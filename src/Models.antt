-- ===== src/Models.antt =====
-- internal/models: the rows of the Hub's tables. An identifier is a number, 0 where the source has
-- the empty text; an instant is a count of nanoseconds, 0 for Go's zero time; a text that the code
-- takes apart is the list of its code points. Columns that no modelled code reads are left out.
pub mod Capacity
pub mod Secrets
mod Examples
use asdl_hub.Prelude.{
  ℕ, zero, suc, ◌*◌, ◌+◌, ◌≡◌, refl, ◌↔◌, Bool, true, false, ◌&&◌, ◌||◌, not, Option, String, List,
  [], ◌∷◌, arith, ◌==◌, str_eq, str_eq_iff, ltb, leb,
}

abbrev pub second : ℕ
second = 1000000000

abbrev pub minute : ℕ
minute = 60 * second

abbrev pub hour : ℕ
hour = 60 * minute

abbrev pub Ident : Type 0
Ident = ℕ

abbrev pub Time : Type 0
Time = ℕ

abbrev pub Text : Type 0
Text = List ℕ

abbrev pub text_eq : Text → Text → Bool
text_eq [] [] = true
text_eq [] (d ∷ t) = false
text_eq (c ∷ s) [] = false
text_eq (c ∷ s) (d ∷ t) = c == d && text_eq s t

-- JobStatus*; `other` is any text that is none of these (a report's status is not checked).
pub data JobStatus : Type 0 where
  pending running completed failed cancelled : JobStatus
  other : String → JobStatus

abbrev pub status_tag : JobStatus → ℕ
status_tag JobStatus.pending = 0
status_tag JobStatus.running = 1
status_tag JobStatus.completed = 2
status_tag JobStatus.failed = 3
status_tag JobStatus.cancelled = 4
status_tag (JobStatus.other s) = 5

abbrev pub status_text : JobStatus → String
status_text (JobStatus.other s) = s
status_text _ = ""

-- `==` on the texts.
abbrev pub same_status : JobStatus → JobStatus → Bool
same_status a b = status_tag a == status_tag b && str_eq (status_text a) (status_text b)

abbrev pub is_pending : JobStatus → Bool
is_pending JobStatus.pending = true
is_pending _ = false

abbrev pub is_running : JobStatus → Bool
is_running JobStatus.running = true
is_running _ = false

abbrev pub is_completed : JobStatus → Bool
is_completed JobStatus.completed = true
is_completed _ = false

abbrev pub is_failed : JobStatus → Bool
is_failed JobStatus.failed = true
is_failed _ = false

-- JobType*.
pub data JobType : Type 0 where
  deploy restart command logs_follow backup update migrate_start migrate_stop failover_start
        failover_stop image_pull image_push :
      JobType
  other : String → JobType

abbrev pub is_logs_follow : JobType → Bool
is_logs_follow JobType.logs_follow = true
is_logs_follow _ = false

abbrev pub is_deploy : JobType → Bool
is_deploy JobType.deploy = true
is_deploy _ = false

abbrev pub is_command : JobType → Bool
is_command JobType.command = true
is_command _ = false

-- Job.Scope: "", "app:<project id>" or another text ("container:<name>").
pub data Scope : Type 0 where
  unscoped : Scope
  app : Ident → Scope
  other : String → Scope

abbrev pub app_scope : Ident → Scope
app_scope project_id = Scope.app project_id

abbrev pub is_unscoped : Scope → Bool
is_unscoped Scope.unscoped = true
is_unscoped _ = false

abbrev pub same_scope : Scope → Scope → Bool
same_scope Scope.unscoped Scope.unscoped = true
same_scope (Scope.app a) (Scope.app b) = a == b
same_scope (Scope.other s) (Scope.other t) = str_eq s t
same_scope _ _ = false

pub same_scope_iff : (a b : Scope) → (same_scope a b ≡ true) ↔ (a ≡ b)
same_scope_iff Scope.unscoped Scope.unscoped = ground arith
same_scope_iff (Scope.app a) (Scope.app b) = ground arith
same_scope_iff (Scope.other s) (Scope.other t) = ground (arith, str_eq_iff s t)
same_scope_iff _ _ = ground arith

-- Job.Command: a command that a person or the agent update gave, or one that the Hub builds
-- (BuildDeployCommand, BuildRemoveProjectCommand) from what is named. The scripts are not modelled.
pub data Command : Type 0 where
  shell : Text → Command
  run_project : Ident → String → ℕ → Command  -- project, image, preferred port
  remove_project : Ident → Text → Command  -- project, name

pub record Job : Type 0 where
  pub id : Ident
  pub node_id : Ident
  pub kind : JobType  -- Type
  pub status : JobStatus
  pub command : Command
  pub working_dir : String
  pub environment : List Text
  pub logs : Text
  pub exit_code : ℕ
  pub max_retries : ℕ
  pub timeout : ℕ  -- seconds
  pub scope : Scope
  pub created_at : Time
  pub started_at : Option Time
  pub completed_at : Option Time

pub record NodeContainer : Type 0 where
  pub name : Text
  pub state : String
  pub ports : Text
  pub project_id : Ident

pub record Node : Type 0 where
  pub id : Ident
  pub hostname : String
  pub vpn_ip : Ident
  pub cpu : ℕ
  pub memory_total : ℕ
  pub memory_used : ℕ
  pub disk_total : ℕ
  pub disk_used : ℕ
  pub online : Bool
  pub last_heartbeat : Time
  pub capabilities : List String
  pub uptime : ℕ  -- seconds
  pub created_at : Time
  pub health_score : ℕ
  pub last_check : Time
  pub failure_count : ℕ
  pub ping_latency : ℕ  -- microseconds
  pub wifi_signal : ℕ
  pub load_avg_1 : ℕ  -- hundredths, as the kernel reports it
  pub agent_version : String
  pub maintenance : Bool
  pub maintenance_since : Option Time
  pub maintenance_by : String
  pub containers : List NodeContainer
  pub parallel_jobs : ℕ
  pub agent_started_at : Option Time
  pub going_away_at : Option Time

-- Project.Status and Project.HealthStatus: the texts that the code compares or writes.
pub data ProjectStatus : Type 0 where
  running failed : ProjectStatus
  other : String → ProjectStatus

pub data HealthStatus : Type 0 where
  healthy unhealthy unknown degraded migrating : HealthStatus
  other : String → HealthStatus

abbrev pub is_project_running : ProjectStatus → Bool
is_project_running ProjectStatus.running = true
is_project_running _ = false

abbrev pub is_project_failed : ProjectStatus → Bool
is_project_failed ProjectStatus.failed = true
is_project_failed _ = false

pub record Project : Type 0 where
  pub id : Ident
  pub name : Text
  pub repository : Ident
  pub node_id : Ident
  pub container_id : Ident
  pub deployment_id : Ident
  pub status : ProjectStatus
  pub health_status : HealthStatus
  pub image : String
  pub ports : List Text
  pub auto_port : Bool
  pub pinned : Bool
  pub last_deployed : Time

-- Trigger*.
pub data Trigger : Type 0 where
  ci failover migration rollback manual : Trigger
  other : String → Trigger

-- DeploymentStatus* and MigrationStatus*, which are the same four texts.
pub data RunStatus : Type 0 where
  pending running completed failed : RunStatus

abbrev pub is_underway : RunStatus → Bool
is_underway RunStatus.pending = true
is_underway RunStatus.running = true
is_underway _ = false

abbrev pub is_run_completed : RunStatus → Bool
is_run_completed RunStatus.completed = true
is_run_completed _ = false

abbrev pub is_run_failed : RunStatus → Bool
is_run_failed RunStatus.failed = true
is_run_failed _ = false

pub record Deployment : Type 0 where
  pub id : Ident
  pub project_id : Ident
  pub trigger : Trigger
  pub repository : Ident
  pub node_id : Ident
  pub status : RunStatus
  pub image_name : String
  pub ports : List Text
  pub logs : Text
  pub job_id : Ident
  pub created_at : Time
  pub started_at : Option Time
  pub completed_at : Option Time

pub record Migration : Type 0 where
  pub id : Ident
  pub project_id : Ident
  pub container_id : Ident
  pub source_node_id : Ident
  pub target_node_id : Ident
  pub status : RunStatus
  pub job_id : Ident
  pub created_at : Time
  pub completed_at : Option Time

-- NodeOutage.Cause.
pub data OutageCause : Type 0 where
  no_cause reboot weak_link connection : OutageCause

pub record NodeOutage : Type 0 where
  pub id : Ident
  pub node_id : Ident
  pub started_at : Time
  pub ended_at : Option Time
  pub seconds : ℕ
  pub cause : OutageCause
  pub wifi_at_start : ℕ
  pub ping_at_start : ℕ
  pub planned : Bool

pub record AppOutage : Type 0 where
  pub id : Ident
  pub project_id : Ident
  pub started_at : Time
  pub ended_at : Option Time
  pub seconds : ℕ

-- OIDCDeployment: the deploy of a workflow, and how it ended.
pub record OidcDeployment : Type 0 where
  pub job_id : Ident
  pub succeeded : Option Bool

pub record ProjectPlugin : Type 0 where
  pub project_id : Ident
  pub plugin_id : Text
  pub host_port : ℕ

-- Available: the nodes that can take apps.
abbrev pub is_available : Node → Bool
is_available n = n.online && not n.maintenance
**********
-- BRIEF --
Look above for the line with "hour = 60 * minute" and the line with "is not checked).". Write out those two lines and all the lines between them, exactly, and no others.

-- RESPONSE TO THIS EXERCISE --
hour = 60 * minute

abbrev pub Ident : Type 0
Ident = ℕ

abbrev pub Time : Type 0
Time = ℕ

abbrev pub Text : Type 0
Text = List ℕ

abbrev pub text_eq : Text → Text → Bool
text_eq [] [] = true
text_eq [] (d ∷ t) = false
text_eq (c ∷ s) [] = false
text_eq (c ∷ s) (d ∷ t) = c == d && text_eq s t

-- JobStatus*; `other` is any text that is none of these (a report's status is not checked).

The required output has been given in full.